The Rev. Donald G. Timone, cloaked in the purple and gold robes of Advent, led the procession down the central aisle of St. Joseph’s Church here on the first Sunday of December.

Celebrating the 11:30 a.m. Mass, he preached of the need to open one’s heart to Jesus in these days before Christmas. “He understands we are not perfect,” he said, “but he will not give up on us.”

But Father Timone, by the Catholic Church’s own apparent standards, should not be presiding at the altar. Two settlements were paid by the Archdiocese of New York for substantiated allegations that Father Timone had sexually abused teenage boys he was counseling, one of whom committed suicide after what his widow said was decades of struggling with what had happened to him.
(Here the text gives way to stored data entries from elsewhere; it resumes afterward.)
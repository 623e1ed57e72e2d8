-- ===== src/Watchdog/Main/Reboot.antt =====
-- A boot trial that the runtime does not confirm: src/init/watchdog.cpp over the disk of
-- include/boot_recovery.hpp.
use audiox.Boot.Kept.{AtAllTimes, KeptByPut}
use audiox.Boot.Disk.Laws.{find-put_ne}
use audiox.Boot.Disk.{Files, Disk, state, file_in, is_some}
use audiox.Boot.Names.{trial_name, events_name}
use audiox.Watchdog.Service.{Service}
use audiox.Boot.Kept
use audiox.Watchdog.Main.{Option, List, Main, Turn, Next}
use audiox.Watchdog.Main.Count.{starts}
use audiox.Watchdog.Main.Rules.{Outcome}
use audiox.Prelude.{◌⊎◌, refl, ◌≤◌, ◌+◌, none, ap, true, sym, some, ◌≡◌, ◌∙◌, ℕ, Option, List}

-- The config partition is not mounted: a device is unknown, or both are the same.
abbrev pub NotMounted : Option ℕ → Option ℕ → Type 0
NotMounted root config =
    (root ≡ none) ⊎ ((config ≡ none) ⊎ ((n : ℕ) × (root ≡ some n) × (config ≡ some n)))

-- The trial file, the boot directory and the backup are these.
pub record OnDisk (text : List ℕ) (boot backup : Option Files) (k : Disk) : Type 0 where
  pub trial : file_in trial_name k.state_dir ≡ some text
  pub boot_files : k.boot_dir ≡ boot
  pub backup_files : k.backup_dir ≡ backup

pub OnDisk-event :
    (text : List ℕ) (boot backup : Option Files)
    → KeptByPut (OnDisk text boot backup) state events_name
unfolding KeptByPut file_in
OnDisk-event text boot backup t fs k e h = record {
  trial = find-put_ne trial_name events_name t fs refl ∙ sym (ap (file_in trial_name) e) ∙ h.trial;
  boot_files = h.boot_files;
  backup_files = h.backup_files;
}

abbrev pub Never : Main → Type 0
Never m = ⊥

module _ (P : Disk → Type 0) (old : List Disk) (before : ℕ) where
  -- The runtime leaves the trial file, or the config partition is not mounted then; what it leaves is
  -- in `P`, and reboot() works.
  abbrev pub Unconfirmed : Turn → Type 0
  Unconfirmed t =
      ((is_some (file_in trial_name t.disk.state_dir) ≡ true)
        ⊎ NotMounted t.root_device t.config_device)
      × P t.disk
      × (t.rebooted ≡ true)

  abbrev pub Safe : Main → Type 0
  Safe m = AtAllTimes (P) old m.world

  abbrev pub NotStarted : Main → Type 0
  NotStarted m = (starts m.log ≡ before) × Safe m

  abbrev pub StartedOnce : Main → Type 0
  StartedOnce m = (starts m.log ≡ before + 1) × Safe m

  abbrev pub AtMostOnce : Main → Type 0
  AtMostOnce m = (starts m.log ≤ before + 1) × Safe m

  -- What holds after a run: never does `main` return.
  abbrev pub RebootsAfterOne : Next → Type 0
  RebootsAfterOne = Outcome NotStarted AtMostOnce Never StartedOnce
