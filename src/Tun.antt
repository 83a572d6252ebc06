-- ===== src/Tun.antt =====
-- internal/tun: what a device of Linux or macOS is between its calls. The devices are in the modules of their
-- systems, and the routing of DNS servers of Windows in Routing, with Servers, Address and Scan below it.
-- Making a device, and the commands of the system, are I/O.
pub mod Linux
pub mod Darwin
pub mod Windows
pub mod Scan
pub mod Address
pub mod Servers
pub mod Routing
pub mod Routed
use dnn_daemon.Common.{ℕ, Bool, true, Option, none, some, take}
use dnn_daemon.Common.Bytes.{Bytes}

-- `t.closed`; the file of a device that is closed is nil.
pub record Device : Type 0 where
  pub closed : Bool

abbrev pub close : Device → Device
close t = record { closed = true }

-- What `Read` returns: the bytes it leaves in the buffer, or an error, that of the file or its own.
pub data Received : Type 0 where
  received : Bytes → Received
  read_closed read_failed short_read : Received

-- What `Write` returns, and the bytes that it hands to the file.
pub data Sent : Type 0 where
  sent : ℕ → (handed : Bytes) → Sent
  write_closed : Sent
  write_failed : (handed : Bytes) → Sent

-- What `file.Read` gives for a buffer of so many bytes: as much of the next packet as it holds; `none`
-- is an error.
abbrev pub file_read : ℕ → Option Bytes → Option Bytes
file_read room none = none
file_read room (some packet) = some (take room packet)
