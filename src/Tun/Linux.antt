-- ===== src/Tun/Linux.antt =====
-- internal/tun/tun_linux.go: Read, Write and Close.
use dnn_daemon.Common.{ℕ, Option, none, some, if◌then◌else◌}
use dnn_daemon.Common.Bytes.{Bytes}
use dnn_daemon.Tun.{
  Device, Received, received, read_closed, read_failed, Sent, sent, write_closed, write_failed,
  file_read,
}

abbrev given : Option Bytes → Received
given none = read_failed
given (some bytes) = received bytes

-- By the room in the buffer and the next packet of the file.
unfoldable pub read : Device → ℕ → Option Bytes → Received
read t room packet = if t.closed then read_closed else given (file_read room packet)

abbrev taken : Bytes → Option ℕ → Sent
taken buf none = write_failed buf
taken buf (some n) = sent n buf

-- By the number of bytes that the file takes; `none` is its error.
unfoldable pub write : Device → Bytes → Option ℕ → Sent
write t buf took = if t.closed then write_closed else taken buf took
As the clergy abuse scandal continues to roil the Catholic Church, Cardinal Timothy M. Dolan, the archbishop of New York, has been under tremendous pressure to prove he has brought accountability to how his diocese, the second-largest in the country, handles the issue of child sexual abuse.

But the archdiocese is essentially allowing Father Timone to continue serving as a priest because of a bureaucratic technicality — a position that seems to fly in the face of the cardinal’s pledge to aggressively handle sexual abuse accusations.

The archdiocese maintains that Father Timone has been allowed to remain because the church itself did not rule on his fitness; that judgment was made by a separate, church-sponsored panel, the Independent Reconciliation and Compensation Program. The settlements were paid in 2017 through that program, which Cardinal Dolan established the previous year to provide closure and a measure of justice to victims of sexual abuse by priests.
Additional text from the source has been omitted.